According to the third point, to date, patients with MS or hepatitis C are reported to develop MG during the IFN β-1b treatment [18]. The role of incidence in such sparse reports cannot be ruled out because, to date, IFN has been administered to many patients with MS who did not present such an adverse condition. However, some authors tried to explain these conditions by adhering to the well-documented increase of autoantibodies in individuals treated with IFN β-1b [19, 20]. Indeed, they postulated that interferon treatment can slip the immunity towards T-helper II predominant pathways and thus raise the susceptibility to autoantibody-mediated disorders [18, 19]. If we consider such explanations, then the question of whether the cause of MG in our case is also related to interferon comes to mind, instead of an original pathogenic link between MG and NMO. However, if we assume that such an explanation is true, our case can be regarded as the first case of NMO who developed MG induced by the administration of interferon. The report of this condition, if repeated in the future, can provide further evidence for the preference of immunosuppressive versus immunomodulatory drugs in NMO patients [21]. Of most importance, we remind that NMO patients are reported to be at higher risks of other autoantibody-mediated disorders. About one third of them represent with either a variety of autoimmune-mediated disorders or seropositivity for different self-reactive antibodies [4, 8, 9]. Hence, neurologists should be cautious that immunomodulation might expose NMO cases to excessive risk of other autoimmunities. In this respect and regarding the fourth mentioned point, our case responded well to the immunosuppressive drugs that were prescribed to control MG before the establishment of the NMO diagnosis. But unfortunately, the discontinuance of treatment deprived her from potential benefits of immunosuppression in controlling the course of NMO that was not still confirmed at that stage. Moreover, due to the fact that the AQP4 antibody test is a brand new method that was not ordinarily available from 2004 to 2009 in our country, she could not receive benefit from this method at early stages. Aside from these therapeutic benefits, to indicate the uniqueness of our case, it seems to be important to report the AQP4 antibody titers before the onset of MG. However, our patient developed MG in 2007 when the test was not available.
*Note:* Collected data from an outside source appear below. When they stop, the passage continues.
-- ===== src/Client/Log.antt =====
-- What `Put` leaves in a store when each row writes one entry at the next place of an index and its data
-- at its label: the invariant of every index with a counter.
use asiaccs.Base.{Outcome, ok, ◌>>=◌, zero}
use asiaccs.Base.{ℕ, suc, ◌+◌, ◌^◌, ◌≤◌, ◌<◌}
use asiaccs.Base.{◌≡◌, refl, sym, ap, ◌∙◌, subst, ◌≢◌, inl, inr, arith}
use asiaccs.Base.{true, []}
use asiaccs.Base.{ltb, ◌==◌, ==_iff, ltb_iff, Bool-cases}
use asiaccs.Base.{u32}
use asiaccs.Proxy.Services.{Bytes, Backend}
use asiaccs.Proxy.Search.{equal_bytes_refl}
use asiaccs.Client.{Counters, bump}

-- A row: its key and its value.
pub record Row : Type 0 where
  pub key : Bytes
  pub val : Bytes

pub bump_same :
    (m : Counters) (id : ℕ) (label : Bytes) → bump m id label id label ≡ u32 (m id label + 1)
unfolding bump
bump_same m id label =
    let same : (id == id) ≡ true = ground arith in rw (same, equal_bytes_refl label) refl

-- The counter after the row that it counts.
pub bump_next :
    (m : Counters) (id k : ℕ) (label : Bytes)
    → m id label ≡ k
    → k + 1 < 2 ^ 32
    → bump m id label id label ≡ suc k
bump_next m id k label e small =
    bump_same m id label ∙ ap (λ (t : ℕ). u32 (t + 1)) e ∙ omega (arith, small)

-- A step for each row in turn, from row `m` on.
module _ {S : Type 0} (step : ℕ → S → Outcome S) where
  pub repeat : (left : ℕ) → ℕ → S → Outcome S
  repeat zero m s = ok s
  repeat (suc left) m s = step m s >>= repeat left (suc m)

  -- Steps that succeed and keep an invariant take it from the first row to the last one.
  pub repeat-keeps :
      (Inv : ℕ → S → Type 0) (n left m : ℕ) (s : S)
      → ((i : ℕ) (r : S) → i < n → Inv i r → (next : S) × (step i r ≡ ok next) × Inv (suc i) next)
      → m + left ≡ n
      → Inv m s
      → (done : S) × (repeat left m s ≡ ok done) × Inv n done
  unfolding repeat
  repeat-keeps Inv n zero m s keeps e inv = (s, refl, subst (λ k. Inv k s) (omega (arith, e)) inv)
  repeat-keeps Inv n (suc left) m s keeps e inv =
      let (next, runs, more) = keeps m s (omega (arith, e)) inv in
      let (done, rest, all) = repeat-keeps Inv n left (suc m) next keeps (omega (arith, e)) more in
      (done, ap (λ o. o >>= repeat left (suc m)) runs ∙ rest, all)

module _ ⦃b : Backend⦄ (place label cipher : ℕ → Bytes) where
  -- The places of `n` rows, the one after them, and the labels do not collide.
  pub record Apart (n : ℕ) : Type 0 where
    pub few : n < 2 ^ 32
    pub places : (i j : ℕ) → i < j → j ≤ n → place i ≢ place j
    pub apart : (i j : ℕ) → i < n → j ≤ n → label i ≢ place j
    pub labels : (i j : ℕ) → i < j → j < n → label i ≢ label j

  -- The first `m` of `n` rows are in the store, with entries that fit, and the next places are free.
  pub record Stored (Fits : ℕ → Bytes → Type 0) (n m : ℕ) (s : b.Store) : Type 0 where
    pub entry : (i : ℕ) → i < m → (e : Bytes) × (b.pool_get s (place i) ≡ e) × Fits i e
    pub stored : (i : ℕ) → i < m → b.pool_get s (label i) ≡ cipher i
    pub free : (j : ℕ) → m ≤ j → j ≤ n → b.pool_get s (place j) ≡ []

  -- The store after a row.
  abbrev pub put_row : b.Store → ℕ → Bytes → b.Store
  put_row s m e = b.pool_put (b.pool_put s (place m) e) (label m) (cipher m)

  pub put_row-Stored :
      (Fits : ℕ → Bytes → Type 0) (n m : ℕ) (s : b.Store) (e : Bytes)
      → Apart n
      → m < n
      → Fits m e
      → Stored Fits n m s
      → Stored Fits n (suc m) (put_row s m e)
  put_row-Stored Fits n m s e clash h fit w =
      let s1 = b.pool_put s (place m) e in
      let other_place : (i : ℕ) → i ≤ n → i ≢ m → place m ≢ place i = λ i le apart.
        elim (Bool-cases (ltb i m)) [
          | inl less ↦ λ e. clash.places i m ((ltb_iff i m).0 less) (omega (arith, h)) (sym e)
          | inr more ↦ clash.places m i (ground (arith, more, apart)) le
        ] in
      record {
        entry = λ i less. elim (Bool-cases (i == m)) [
          | inl same ↦
              subst (λ k. (f : Bytes) × (b.pool_get (put_row s m e) (place k) ≡ f) × Fits k f)
                (sym ((==_iff i m).0 same))
                (
                  e,
                  b.get_put_other s1 (label m) (place m) (cipher m)
                        (clash.apart m m h (omega (arith, h)))
                      ∙ b.get_put s (place m) e,
                  fit,
                )
          | inr other ↦
              let below : i < m = ground (arith, other, less) in
              let (f, found, fits) = w.entry i below in
              (
                f,
                b.get_put_other s1 (label m) (place i) (cipher m)
                      (clash.apart m i h (omega (arith, below, h)))
                    ∙ b.get_put_other s (place m) (place i) e
                        (other_place i (omega (arith, below, h)) (omega (arith, below)))
                    ∙ found,
                fits,
              )
        ];
        stored = λ i less. elim (Bool-cases (i == m)) [
          | inl same ↦
              subst (λ k. b.pool_get (put_row s m e) (label k) ≡ cipher k)
                (sym ((==_iff i m).0 same)) (b.get_put s1 (label m) (cipher m))
          | inr other ↦
              let below : i < m = ground (arith, other, less) in
              b.get_put_other s1 (label m) (label i) (cipher m)
                (λ same. clash.labels i m below h (sym same))
              ∙ b.get_put_other s (place m) (label i) e
                  (λ same. clash.apart i m (omega (arith, below, h)) (omega (arith, h)) (sym same))
              ∙ w.stored i below
        ];
        free = λ j le top.
            b.get_put_other s1 (label m) (place j) (cipher m) (clash.apart m j h top)
            ∙ b.get_put_other s (place m) (place j) e (other_place j top (omega (arith, le)))
            ∙ w.free j (omega (arith, le)) top;
      }
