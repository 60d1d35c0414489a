-- ===== src/Client/Column.antt =====
-- The column index end to end: rows that `Put` has written to a server, and what `ProxyGetColumn`
-- returns there for the tokens of `GetCol`.
use asiaccs.Base.{ℕ, suc, ◌≤◌, ◌<◌}
use asiaccs.Base.{◌≡◌, refl, ap, ◌∙◌, ◌≢◌, arith}
use asiaccs.Base.{Bool, true, false, [], ◌∷◌, ◌++◌}
use asiaccs.Base.{ltb, ◌==◌}
use asiaccs.Base.{length}
use asiaccs.Base.{tabulate}
use asiaccs.Base.{Outcome, ok}
use asiaccs.Base.{tabulate_congr}
use asiaccs.Fastore.Platform.{Platform}
use asiaccs.Proxy.Services.{Bytes, Backend, concat}
use asiaccs.Proxy.{at_counter, fetch, proxy_put, proxy_get_column}
use asiaccs.Proxy.Column.{hidden, proxy_get_column-entries}
use asiaccs.Client.{Keys, bump, trapdoor, column_entry}
use asiaccs.Client.Put.{PutFlags, put_column, put_on, Session, demo_server_num}
use asiaccs.Client.Log.{
  Row, bump_next, Apart, Stored, put_row, put_row-Stored, repeat, repeat-keeps,
}

abbrev pub only_column : PutFlags
only_column = record {
  column_index = true;
  equal_index_v1 = false;
  equal_index_v2 = false;
  ore_index = false;
}

module _ ⦃b : Backend⦄ (keys : Keys) (table col : Bytes) (rows : ℕ → Row)
    (encrypt : Bytes → Bytes → Bytes) where
  abbrev pub place : ℕ → Bytes
  place i = at_counter (b.hmac keys.pk3 (table ++ col)) i

  abbrev pub mask : ℕ → Bytes
  mask i = at_counter (b.hmac keys.pk4 (table ++ col)) i

  abbrev pub label : ℕ → Bytes
  label i = trapdoor keys table (rows i).key col

  abbrev pub cipher : ℕ → Bytes
  cipher i = encrypt keys.pk5 (rows i).val

  -- The entry of a row.
  abbrev pub IsEntry : ℕ → Bytes → Type 0
  IsEntry i e = e ≡ hidden (mask i) (label i)

  -- The ciphertexts of the first `n` rows are not empty, and the digests that name their places and
  -- labels do not collide.
  pub record NoClash (n : ℕ) : Type 0 where
    pub names : Apart place label cipher n
    pub full : (i : ℕ) → i < n → length (cipher i) ≢ 0

  -- The first `m` of `n` rows are on a server that has counters.
  pub record Written (id n m : ℕ) (session : Session) : Type 0 where
    pub same_keys : session.0.keys ≡ keys
    pub known : id < demo_server_num
    pub counter : session.0.column_counter id (table ++ col) ≡ m
    pub log : Stored place label cipher IsEntry n m session.1

  put_on-Written :
      ⦃p : Platform⦄ (allocated : Bool) (id n m : ℕ) (session : Session)
      → NoClash n
      → m < n
      → Written id n m session
      → (next : Session) × (put_on encrypt allocated id only_column table
            (rows m).key
            col
            (rows m).val
            session
          ≡ ok next)
        × Written id n (suc m) next
  unfolding put_on put_column column_entry proxy_put
  put_on-Written allocated id n m (client, s) clash h w =
      let counted : ltb id demo_server_num ≡ true = ground (arith, w.known) in
      (
        (
          record client { column_counter = bump client.column_counter id (table ++ col) },
          put_row place label cipher s m (hidden (mask m) (label m)),
        ),
        rw (w.same_keys, w.counter, counted) refl,
        record {
          same_keys = w.same_keys;
          known = w.known;
          counter =
              bump_next client.column_counter id m (table ++ col) w.counter
                (omega (arith, clash.names.few, h));
          log = put_row-Stored place label cipher IsEntry n m s _ clash.names h refl w.log;
        },
      )

  -- Rows put one after the other on one server.
  abbrev pub put_rows : ⦃p : Platform⦄ → Bool → ℕ → ℕ → Session → Outcome Session
  put_rows allocated id n =
      repeat (λ m. put_on encrypt allocated id only_column table (rows m).key col (rows m).val) n 0

  -- Start with the index of the column and its counter empty and put `n` rows, indexed by column,
  -- whose digests do not collide: all are put, and for the tokens of `GetCol` and a number up to `n`
  -- `ProxyGetColumn` returns the ciphertexts of exactly that many rows, in the order of the puts.
  pub put_rows-proxy_get_column :
      ⦃p : Platform⦄ (allocated : Bool) (id n num : ℕ) (session : Session)
      → NoClash n
      → Written id n 0 session
      → num ≤ n
      → (done : Session) × (put_rows allocated id n session ≡ ok done)
        × (proxy_get_column done.1
              (b.hmac keys.pk3 (table ++ col))
              (b.hmac keys.pk4 (table ++ col))
              num
            ≡ ok (concat (tabulate num 0 (λ i. cipher i ∷ []))))
  unfolding trapdoor
  put_rows-proxy_get_column allocated id n num session clash empty le =
      let (done, runs, w) =
        repeat-keeps
          (λ m. put_on encrypt allocated id only_column table (rows m).key col (rows m).val)
          (Written id n) n n 0 session (λ m r h. put_on-Written allocated id n m r clash h)
          (omega arith) empty in
      (
        done,
        runs,
        proxy_get_column-entries done.1 (b.hmac keys.pk3 (table ++ col))
              (b.hmac keys.pk4 (table ++ col)) label num
              (λ i. b.hmac_length keys.pk1 (table ++ ((rows i).key ++ col)))
              (λ i h. let (e, found, shape) = w.log.entry i (omega (arith, h, le)) in found ∙ shape)
            ∙ ap (λ l. ok (concat l))
                (tabulate_congr num 0 (λ i. fetch done.1 (label i)) (λ i. cipher i ∷ [])
                  (λ i l h.
                    let below : i < n = omega (arith, h, le) in
                    let long : (length (cipher i) == 0) ≡ false =
                      ground (arith, clash.full i below) in
                    rw (w.log.stored i below, long) refl)),
      )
According to the fifth point, in sum, all of the studies on concomitancy of NMO and MG including our case reported the occurrence of LESCL after MG. This might be suggestive of a pathogenic nature of MG that is not related to all clinical features of NMO (including ON, etc.), but related to the presentation of LESCL alone. Concerning the sixth point, we remind the fact that AQP4 antigen is present throughout the CNS. Besides, 10% of NMO patients have MS-typical brain plaques as an atypical finding. This proportion shows a four- to five-fold increase when reported in a Japanese population [5, 22]. This point further highlights the value of an early AQP4 antibody test in comparison to imaging techniques. In conclusion, we underline the importance of distinguishing NMO from MS at very initial stages that is possible by the AQP4 antibody test. Such an early differentiation can play a pivotal role in the management of the clinical course of the disease. For this test, specially, cases who firstly present with ON and paraparesia (similar to our case) are addressed as the first-line candidates.

Disclosure Statement

The authors have no proprietary interest in the materials presented herein.